There was also this wierd tree. It was - stark. computer-generated. more than just a tree. tree plus. tree ver 3.1. Maybe it was cursed, or blessed, or a murder site, or former human being who ran afoul of a vindictive god...
look at it. see the bigger pic for a while.
Then we reached the top, found (as usual) the remain of a fort and working reservoir; (Amit promptly turned into a reservoir dog) and a family of water buffaloes who seemed extremely displeased to meet us. In fact, for the second time in my life, I got charged in a non-bill and non-drink way. But what I'm proudest of is when there was a large black pissed muscular mammal heaving itself out of the pool glaring at us and waggling it's large untrimmed horns meaningfully, and then briskly heading my way with a evil look and slightly starey eyes with it's ears back, what did I do?
Yes! I got the shot!

All the stuff you never have time to see... how many times do we just walk by these things, in the city, unable to hear the birds, watch the clouds, see the stars... everything is the predefined flashing life running on its tracks, 8:11 fast, swipe in, log on, call up, do lunch, swipe out, head home, grab a bite, down a drink, hit the sack.
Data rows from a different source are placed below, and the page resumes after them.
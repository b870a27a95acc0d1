-- ===== src/Adapter/QueueHooks/Gather.antt =====
-- spoolRoots of src/cmd/gridware-adapter/main.go asks every host for its spool directory.
use qpu_resource.Prelude.{
  Bool, true, false, ◌||◌, List, [], ◌∷◌, ◌≡◌, refl, sym, ◌∙◌, ap, ◌⊎◌, inl, inr, Option, none,
  some, Text, text_eq, text_eq_iff, contains, some_injective,
}
use mathlib.Core.Path.{subst}
use qpu_resource.Errors.{Result, ok, err, wrapf, reply, done}
use qpu_resource.Adapter.QConf.{
  HostConfiguration, GlobalConfiguration, Configuration, QConf, IsFaithful,
}
use qpu_resource.Adapter.Action.{pure, call, wrapping, attempt, ◌>>=◌, bind_ok, call_ok}
use qpu_resource.Adapter.QueueHooks.{add_root_if, global_root, host_roots, spool_roots}
use qpu_resource.Adapter.QueueHooks.Roots.{
  AreRoots, Lists, add_root-AreRoots, add_root-contains, add_root-Lists,
}

add_root_if-AreRoots :
    (roots : List Text) (o : Option Text) → AreRoots roots → AreRoots (add_root_if roots o)
add_root_if-AreRoots roots none h = h
add_root_if-AreRoots roots (some d) h = add_root-AreRoots roots d h

add_root_if-contains :
    (roots : List Text) (o : Option Text) (r : Text)
    → contains roots r ≡ true
    → contains (add_root_if roots o) r ≡ true
add_root_if-contains roots none r h = h
add_root_if-contains roots (some d) r h = add_root-contains roots d r h

or_cases : (a b : Bool) → (a || b) ≡ true → (a ≡ true) ⊎ (b ≡ true)
or_cases true b h = inl refl
or_cases false b h = inr h

contains_cases :
    (x : Text) (xs : List Text) (a : Text)
    → contains (x ∷ xs) a ≡ true
    → (x ≡ a) ⊎ (contains xs a ≡ true)
unfolding contains
contains_cases x xs a h = elim (or_cases (text_eq x a) (contains xs a) h) [
  | inl e ↦ inl ((text_eq_iff x a).0 e)
  | inr e ↦ inr e
]

ok_injective : {A : Type 0} {a b : A} → ok a ≡ ok b → a ≡ b
ok_injective h = cc h

module _ (qc : QConf) where
  open qc use {State, Rest, view}

  -- From the roots at hand to those that are returned.
  record Gathers (c : Configuration Rest) (hosts roots out : List Text) : Type 0 where
    are : AreRoots roots → AreRoots out
    keeps : (r : Text) → contains roots r ≡ true → contains out r ≡ true
    lists :
        (k : Text) (h : HostConfiguration Rest) (d : Text)
        → contains hosts k ≡ true
        → c.host_configuration k ≡ some h
        → h.execd_spool_dir ≡ some d
        → Lists out d

  nothing : (c : Configuration Rest) (roots : List Text) → Gathers c [] roots roots
  unfolding contains
  nothing c roots = record {
    are = λ h. h;
    keeps = λ r h. h;
    lists = λ k h d m at dir abs. absurd (cc m);
  }

  gather_more :
      (c : Configuration Rest) (host : Text) (hosts roots out : List Text)
      (cfg : HostConfiguration Rest)
      → c.host_configuration host ≡ some cfg
      → Gathers c hosts (add_root_if roots cfg.execd_spool_dir) out
      → Gathers c (host ∷ hosts) roots out
  gather_more c host hosts roots out cfg found g = record {
    are = λ h. g.are (add_root_if-AreRoots roots cfg.execd_spool_dir h);
    keeps = λ r h. g.keeps r (add_root_if-contains roots cfg.execd_spool_dir r h);
    lists = λ k h d m at dir abs. elim (contains_cases host hosts k m) [
      | inl same ↦
          let own : cfg.execd_spool_dir ≡ some d =
            ap (λ x. x.execd_spool_dir)
              (some_injective (sym found ∙ ap c.host_configuration same ∙ at))
            ∙ dir in
          g.keeps _
            (subst (λ o. Lists (add_root_if roots o) d) (sym own) (add_root-Lists roots d) abs)
      | inr other ↦ g.lists k h d other at dir abs
    ];
  }

  -- The directories are absolute, in their shortest form and different from one another; they
  -- hold the absolute one of each host that has one of its own, and the global one where it was shown.
  pub record HoldsRoots (s : State) (roots : List Text) : Type 0 where
    pub are : AreRoots roots
    pub of_hosts :
        (k : Text) (h : HostConfiguration Rest) (d : Text)
        → (view s).host_configuration k ≡ some h
        → h.execd_spool_dir ≡ some d
        → Lists roots d
    pub of_all :
        (g : GlobalConfiguration Rest)
        → (qc.show_global_configuration s).0 ≡ done (some g)
        → Lists roots g.execd_spool_dir

  module _ (faithful : IsFaithful qc) where
    host_roots-Gathers :
        (hosts roots : List Text) (s : State) {out : List Text}
        → (host_roots qc roots hosts s).0 ≡ ok out
        → (view (host_roots qc roots hosts s).1 ≡ view s) × Gathers (view s) hosts roots out
    unfolding host_roots pure call wrapping
    host_roots-Gathers [] roots s h =
        (refl, subst (Gathers (view s) [] roots) (ok_injective h) (nothing (view s) roots))
    host_roots-Gathers (host ∷ hosts) roots s {out} h =
        let (cfg, shown, step) =
          bind_ok
            (wrapping (wrapf "show host configuration %q: %w" (host ∷ []))
              (call (qc.show_host_configuration host)))
            (λ cfg. host_roots qc (add_root_if roots cfg.execd_spool_dir) hosts) s h in
        let t = (qc.show_host_configuration host s).1 in
        let (same, found) = faithful.shows_host_configuration host s in
        let (later, rest) =
          host_roots-Gathers hosts (add_root_if roots cfg.execd_spool_dir) t
            (sym (ap (λ p. p.0) step) ∙ h) in
        (
          ap (λ p. view p.1) step ∙ later ∙ same,
          gather_more (view s) host hosts roots out cfg
              (found cfg (call_ok _ (qc.show_host_configuration host) s shown))
              (subst (λ c. Gathers c hosts (add_root_if roots cfg.execd_spool_dir) out) same rest),
        )

    global_root-AreRoots :
        (r : Result (Option (GlobalConfiguration Rest))) → AreRoots (global_root qc r)
    global_root-AreRoots (ok none) = (tt, tt)
    global_root-AreRoots (ok (some g)) = add_root-AreRoots [] g.execd_spool_dir (tt, tt)
    global_root-AreRoots (err e) = (tt, tt)

    pub spool_roots-HoldsRoots :
        (s : State) {roots : List Text}
        → (spool_roots qc s).0 ≡ ok roots
        → (view (spool_roots qc s).1 ≡ view s) × HoldsRoots s roots
    unfolding spool_roots call wrapping attempt ◌>>=◌
    spool_roots-HoldsRoots s {roots} h =
        let r = reply (qc.show_global_configuration s).0 in
        let s1 = (qc.show_global_configuration s).1 in
        let (same1, _) = faithful.shows_global_configuration s in
        let s2 = (qc.show_host_configurations s1).1 in
        let (same2, all) = faithful.shows_host_configurations s1 in
        let (hosts, listed, step) =
          bind_ok
            (wrapping (wrapf "list host configurations: %w" []) (call qc.show_host_configurations))
            (host_roots qc (global_root qc r)) s1 h in
        let (later, g) =
          host_roots-Gathers hosts (global_root qc r) s2 (sym (ap (λ p. p.0) step) ∙ h) in
        (
          ap (λ p. view p.1) step ∙ later ∙ same2 ∙ same1,
          record {
            are = g.are (global_root-AreRoots r);
            of_hosts = λ k x d at dir.
                let at1 : (view s1).host_configuration k ≡ some x =
                  subst (λ c. c.host_configuration k ≡ some x) (sym same1) at in
                g.lists k x d (all hosts (call_ok _ qc.show_host_configurations s1 listed) k x at1)
                  (subst (λ c. c.host_configuration k ≡ some x) (sym same2) at1) dir;
            of_all = λ x shown abs. g.keeps _ (
                subst (λ y. Lists (global_root qc y) x.execd_spool_dir) (sym (ap reply shown))
                  (add_root-Lists [] x.execd_spool_dir) abs);
          },
        )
When was the last time you actually saw something you had never seen before? SAW. Not just looked at and moved on?

The best part of this was the break at the top. For almost 3 hours, we were lying there close to the top on a large rock by a water pool, listening to the wind and the drip of the water. It sounded far away. The world felt bigger. Slower. Grass would rustle, a branch creak, a bird call. An eagle wheeled around the clouds for a long while. The rock was slanted, full of sharp protrusions... but the universe felt comfortable.